Task to complete: Identify every line in the records below that contains the word "where", and copy each of those lines.

The input:
-- ===== src/Strategies/Interaction/Dispatched.antt =====
-- strategy_interaction.py: whatever message or button comes, the store keeps sound records, and other
-- owners' records and the markers of notifications are not touched.
use china_a_share.Prelude.{
  ◌≡◌, refl, true, false, ◌||◌, none, Text, text, text_beq, List, [], ◌∷◌, All, is_nil, Result,
  Satisfies, returned, failed, arith, Satisfies-any, Satisfies-map, length, ◌<◌,
}
use china_a_share.Prelude.Int.{ℤ}
use china_a_share.Prelude.Texts.{strip}
use china_a_share.Floats.{Float}
use china_a_share.Cache.Record.{Instant}
use china_a_share.Strategies.Models.{awaiting_rules, ready, Rule, StrategyDraft, is_some}
use china_a_share.Strategies.RuleSpec.{parse_rule_spec, segments_of}
use china_a_share.Strategies.RuleSpec.Checked.{IsBounded, parse_rule_spec-Satisfies}
use china_a_share.Strategies.Store.{MemoryStore}
use china_a_share.Strategies.Acts.Keeping.{Keeps-bind, Keeps-answer, Keeps-attempt, Keeps-if}
use china_a_share.Strategies.Interaction.{non_empty, state_eq}
use china_a_share.Strategies.Interaction.Commands.{Ports}
use china_a_share.Strategies.Interaction.Dispatch.{
  Command, menu_command, create_command, list_command, run_command, delete_command, trial_command,
  cancel_command, name_command, rules_command, unknown, ButtonValue, is_spec_error,
  rules_or_compile, apply_rules, run_message, read_command, handle_message, handle_card_action,
}
use china_a_share.Strategies.Interaction.Answered.{
  cancel_latest_draft-Safe, cancel_draft_by_id-Safe, show_strategies-Safe, toggle_strategy-Safe,
  remove_strategy-Safe, delete_by_target-Safe, run_all-Safe, run_one-Safe, run_trial-Safe,
}
use china_a_share.Strategies.Interaction.Named.{IsNamed, read_command-IsNamed}
use china_a_share.Strategies.Interaction.Sound.{IsDraft, IsDesk, is_named}
use china_a_share.Strategies.Interaction.Steps.{
  Safe, found-Safe, latest_draft-Keeps, show_draft-Safe, apply_name-Safe, apply_direction-Safe,
  store_rules-Safe, compile_or_suggest-Safe, create_draft-Safe, save_draft-Safe, IsEditable,
  editable,
}

All-any : (P : Text → Type 0) (xs : List Text) → All (λ s. P s → Unit {0}) xs
All-any P [] = tt
All-any P (x ∷ xs) = (λ _. tt, All-any P xs)

not-nil : {A : Type 0} (xs : List A) → 0 < length xs → is_nil xs ≡ false
not-nil [] h = absurd (omega arith)
not-nil (x ∷ xs) h = refl

non_empty-named : (name : Text) → is_some (non_empty name) ≡ true → is_named (non_empty name) ≡ true
non_empty-named [] h = absurd (cc)
non_empty-named (c ∷ s) h = refl

module _ {F S : Type 0} ⦃f : Float F⦄ (before : MemoryStore F S) (me : Text) where
  module _ (truncate : F → Result ℤ) (ports : Ports F S) where
    rules_or_compile-Safe :
        (r : Result (List (Rule F))) (now : Instant) (d : StrategyDraft F S) (spec : Text)
        → Satisfies (λ rules. (is_nil rules ≡ false) × All IsBounded rules) (λ _. Unit {0}) r
        → IsDraft me d
        → IsEditable before me d
        → Safe before me (rules_or_compile truncate ports r now d spec)
    unfolding rules_or_compile
    rules_or_compile-Safe r now d spec (returned {a = rules} (some_rule, bounded)) h e =
        store_rules-Safe before me now d rules h e some_rule bounded
    rules_or_compile-Safe r now d spec (failed {e = fault} _) h e =
        Keeps-if (is_spec_error fault)
          (λ _. compile_or_suggest-Safe before me ports.compiler now d spec h e)
          (λ _. Keeps-attempt (failed tt))

    parsed :
        (spec : Text)
        → Satisfies
            (λ rules. (is_nil rules ≡ false) × All IsBounded rules)
            (λ _. Unit {0})
            (parse_rule_spec truncate spec)
    parsed spec =
        Satisfies-map
          (parse_rule_spec-Satisfies truncate (λ _. Unit {0}) tt (λ v. Satisfies-any (truncate v))
            spec (All-any _ (segments_of spec)))
          λ rules (some_rule, _, bounded). (not-nil rules some_rule, bounded)

    apply_rules-Safe :
        (now : Instant) (spec : Text) → Safe before me (apply_rules truncate ports now me spec)
    unfolding apply_rules
    apply_rules-Safe now spec = Keeps-bind (latest_draft-Keeps before me) λ v h.
        found-Safe before me v _ _ h λ d k.
          Keeps-if (state_eq d.state awaiting_rules || state_eq d.state ready)
            (λ e.
              rules_or_compile-Safe (parse_rule_spec truncate spec) now d spec (parsed spec) k
                (editable before me d k e))
            (λ _. show_draft-Safe before me now d _)

    run_message-Safe :
        (now : Instant) (new_id chat : Text) (command : Command)
        → IsNamed command
        → Safe before me (run_message truncate ports now new_id me chat command)
    unfolding run_message
    run_message-Safe now new_id chat menu_command h = Keeps-answer tt
    run_message-Safe now new_id chat (create_command name) h =
        create_draft-Safe before me now new_id chat (non_empty name) (non_empty-named name)
    run_message-Safe now new_id chat list_command h = show_strategies-Safe before me
    run_message-Safe now new_id chat run_command h = run_all-Safe before me ports
    run_message-Safe now new_id chat (delete_command target) h =
        delete_by_target-Safe before me target
    run_message-Safe now new_id chat (trial_command body) h =
        run_trial-Safe before me now ports body
    run_message-Safe now new_id chat cancel_command h = cancel_latest_draft-Safe before me
    run_message-Safe now new_id chat (name_command name) h =
        apply_name-Safe before me now name (let named = h.holds in ground arith)
    run_message-Safe now new_id chat (rules_command spec) h = apply_rules-Safe now spec
    run_message-Safe now new_id chat unknown h = Keeps-answer tt

    handle_card_action-Safe :
        (now : Instant) (new_id chat action : Text) (value : ButtonValue)
        → Safe before me (handle_card_action truncate ports now new_id me chat action value)
    unfolding handle_card_action
    handle_card_action-Safe now new_id chat action value =
        Keeps-if (text_beq action (text "strategy_menu")) (λ _. Keeps-answer tt)
          λ _.
            Keeps-if (text_beq action (text "strategy_create_draft"))
              (λ _. create_draft-Safe before me now new_id chat none (λ h. absurd (cc)))
              λ _.
                Keeps-if (text_beq action (text "strategy_list"))
                  (λ _. show_strategies-Safe before me)
                  λ _.
                    Keeps-if (text_beq action (text "strategy_run_all"))
                      (λ _. run_all-Safe before me ports)
                      λ _.
                        Keeps-if (text_beq action (text "strategy_run"))
                          (λ _. run_one-Safe before me ports value.strategy_id)
                          λ _.
                            Keeps-if (text_beq action (text "strategy_draft_direction"))
                              (λ _.
                                apply_direction-Safe before me now value.draft_id value.direction)
                              λ _.
                                Keeps-if (text_beq action (text "strategy_draft_cancel"))
                                  (λ _. cancel_draft_by_id-Safe before me value.draft_id)
                                  λ _.
                                    Keeps-if (text_beq action (text "strategy_draft_save"))
                                      (λ _. save_draft-Safe before me now new_id value.draft_id)
                                      λ _.
                                        Keeps-if (text_beq action (text "strategy_toggle"))
                                          (λ _.
                                            toggle_strategy-Safe before me now value.strategy_id
                                              value.enabled)
                                          λ _.
                                            Keeps-if (text_beq action (text "strategy_delete"))
                                              (λ _.
                                                remove_strategy-Safe before me value.strategy_id)
                                              λ _. Keeps-answer tt

    handle_message-Safe :
        (now : Instant) (new_id chat prompt : Text)
        → Safe before me (handle_message truncate ports now new_id me chat prompt)
    unfolding handle_message
    handle_message-Safe now new_id chat prompt =
        run_message-Safe now new_id chat (read_command (strip prompt))
          (read_command-IsNamed (strip prompt))

module _ {F S : Type 0} ⦃f : Float F⦄ (truncate : F → Result ℤ) (ports : Ports F S) (me : Text)
    (s : MemoryStore F S) where
  -- If every stored strategy has a name, a chat and either rules within the bounds of their models
  -- or a compiled rule, not both, and every stored draft has what its step of the editing asks for
  -- and nothing of a later step, each under its own owner, then after any message, whether it is
  -- answered or raises, this still holds, and neither another owner's drafts and strategies nor the
  -- markers have changed.
  pub handle_message-IsDesk :
      (now : Instant) (new_id chat prompt : Text)
      → IsDesk s me s
      → IsDesk s me (handle_message truncate ports now new_id me chat prompt s).1
  handle_message-IsDesk now new_id chat prompt sound =
      ((handle_message-Safe s me truncate ports now new_id chat prompt).runs s sound).1

  -- With such a store, after any button, with any value, whether it is answered or raises, every
  -- strategy and every draft is still such, and neither another owner's drafts and strategies nor
  -- the markers have changed.
  pub handle_card_action-IsDesk :
      (now : Instant) (new_id chat action : Text) (value : ButtonValue)
      → IsDesk s me s
      → IsDesk s me (handle_card_action truncate ports now new_id me chat action value s).1
  handle_card_action-IsDesk now new_id chat action value sound =
      ((handle_card_action-Safe s me truncate ports now new_id chat action value).runs s sound).1
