-- ===== src/Strategies/Interaction/Saved.antt =====
-- strategy_interaction.py: a finished draft can be saved, and then is the strategy that it described.
use china_a_share.Prelude.{
  ◌≡◌, refl, inl, inr, true, false, Option, none, some, Text, text_eq, ==_refl, pair_eq, is_nil,
  leb, ok, arith, Bool-cases,
}
use china_a_share.Prelude.Maps.{lookup, insert, remove}
use china_a_share.Floats.{Float}
use china_a_share.Cache.Record.{Instant}
use china_a_share.Strategies.Models.{
  ready, buy, SignalDirection, StrategyConfig, StrategyDraft, is_some, strategy_config,
}
use china_a_share.Strategies.Store.{
  MemoryStore, validate_identifier, get_owned, put_owned, delete_owned, get_draft, put_strategy,
  delete_draft,
}
use china_a_share.Strategies.Interaction.{saved_card, state_eq, text_of, or_else}
use china_a_share.Strategies.Interaction.Editing.{save_draft, strategy_of}
use china_a_share.Strategies.Interaction.Sound.{IsDraft, is_named}
use china_a_share.Strategies.Interaction.Stepped.{IsDraft-IsStep}

pub validate_identifier-some : (s : Text) → validate_identifier s ≡ ok tt → is_nil s ≡ false
unfolding validate_identifier
validate_identifier-some s h = elim (Bool-cases (is_nil s)) [
  | inl e ↦ absurd (let h' = rw e at h in cc)
  | inr e ↦ e
]

named-some : (name : Option Text) → is_named name ≡ true → name ≡ some (text_of name)
named-some none h = absurd (cc)
named-some (some s) h = refl

directed-some :
    (direction : Option SignalDirection)
    → is_some direction ≡ true
    → direction ≡ some (or_else direction buy)
directed-some none h = absurd (cc)
directed-some (some s) h = refl

-- The strategy that a draft describes: its name, direction, rules and chat, enabled, its owner's and
-- new at the time.
pub record IsDescribed {F S : Type 0} (now : Instant) (new_id me : Text) (d : StrategyDraft F S)
    (t : StrategyConfig F S) : Type 0 where
  pub id : t.id ≡ new_id
  pub name : d.name ≡ some t.name
  pub direction : d.direction ≡ some t.direction
  pub rules : t.rules ≡ d.rules
  pub compiled_rule : t.compiled_rule ≡ d.compiled_rule
  pub creator : t.creator_open_id ≡ me
  pub enabled : t.enabled ≡ true
  pub chat : t.notification_chat_id ≡ d.chat_id
  pub created : t.created_at ≡ now
  pub updated : t.updated_at ≡ now

module _ {F S : Type 0} ⦃f : Float F⦄ (now : Instant) (new_id me draft_id : Text)
    (d : StrategyDraft F S) (s : MemoryStore F S) (aware : now.aware ≡ true)
    (valid : validate_identifier new_id ≡ ok tt) (owner : validate_identifier me ≡ ok tt)
    (draft : validate_identifier draft_id ≡ ok tt) (sound : IsDraft me d)
    (finished : state_eq d.state ready ≡ true) where
  strategy_config-ok :
      strategy_config (strategy_of now new_id me d) ≡ ok (strategy_of now new_id me d)
  unfolding strategy_config
  strategy_config-ok =
      let (named, _, source, _) = IsDraft-IsStep ready me d sound finished in
      let name : is_nil (text_of d.name) ≡ false = ground arith in
      let order : leb now.time now.time ≡ true = ground arith in
      rw
        (
          validate_identifier-some new_id valid,
          validate_identifier-some me owner,
          name,
          sound.chat,
          aware,
          order,
          source,
        )
        refl

  put_strategy-ok :
      put_strategy (strategy_of now new_id me d) me s.strategies
      ≡ ok (insert (me, new_id) (strategy_of now new_id me d) s.strategies)
  unfolding put_strategy put_owned
  put_strategy-ok = rw (valid, owner, ==_refl me) refl

  delete_draft-ok : delete_draft draft_id me s.drafts ≡ ok (remove (me, draft_id) s.drafts)
  unfolding delete_draft delete_owned
  delete_draft-ok = rw (draft, owner) refl

  get_draft-ok :
      lookup (me, draft_id) s.drafts ≡ some d → get_draft draft_id me s.drafts ≡ ok (some d)
  unfolding get_draft get_owned
  get_draft-ok h = rw (draft, owner, h) refl

  -- What it has is what the draft has.
  strategy_of-IsDescribed : IsDescribed now new_id me d (strategy_of now new_id me d)
  strategy_of-IsDescribed =
      let (named, directed, _, _) = IsDraft-IsStep ready me d sound finished in
      record {
        id = refl;
        name = named-some d.name named;
        direction = directed-some d.direction directed;
        rules = refl;
        compiled_rule = refl;
        creator = refl;
        enabled = refl;
        chat = refl;
        created = refl;
        updated = refl;
      }

  -- A draft that is found, is in its last step with what that asks for, and has valid identifiers
  -- can be saved with an aware clock: a strategy with the draft's name, direction, rules and chat,
  -- the new identifier and its owner, enabled, is stored and answered with its card, the draft is
  -- gone and nothing else has changed.
  pub save_draft_saves :
      lookup (me, draft_id) s.drafts ≡ some d
      → (t : StrategyConfig F S) × IsDescribed now new_id me d t
        × (save_draft now new_id me draft_id s ≡ (
          ok (saved_card t),
          record {
            strategies = insert (me, new_id) t s.strategies;
            drafts = remove (me, draft_id) s.drafts;
            notifications = s.notifications;
          },
        ))
  unfolding save_draft
  save_draft_saves found =
      let (named, directed, _, _) = IsDraft-IsStep ready me d sound finished in
      let name : is_nil (text_of d.name) ≡ false = ground arith in
      (
        strategy_of now new_id me d,
        strategy_of-IsDescribed,
        rw
            (
              get_draft-ok found,
              finished,
              name,
              directed,
              sound.chat,
              strategy_config-ok,
              put_strategy-ok,
              delete_draft-ok,
            )
            refl,
      )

Exercise output:
module _ {F S : Type 0} ⦃f : Float F⦄ (before : MemoryStore F S) (me : Text) where
  module _ (truncate : F → Result ℤ) (ports : Ports F S) where
    (s : MemoryStore F S) where
    (t : StrategyConfig F S) : Type 0 where
    (finished : state_eq d.state ready ≡ true) where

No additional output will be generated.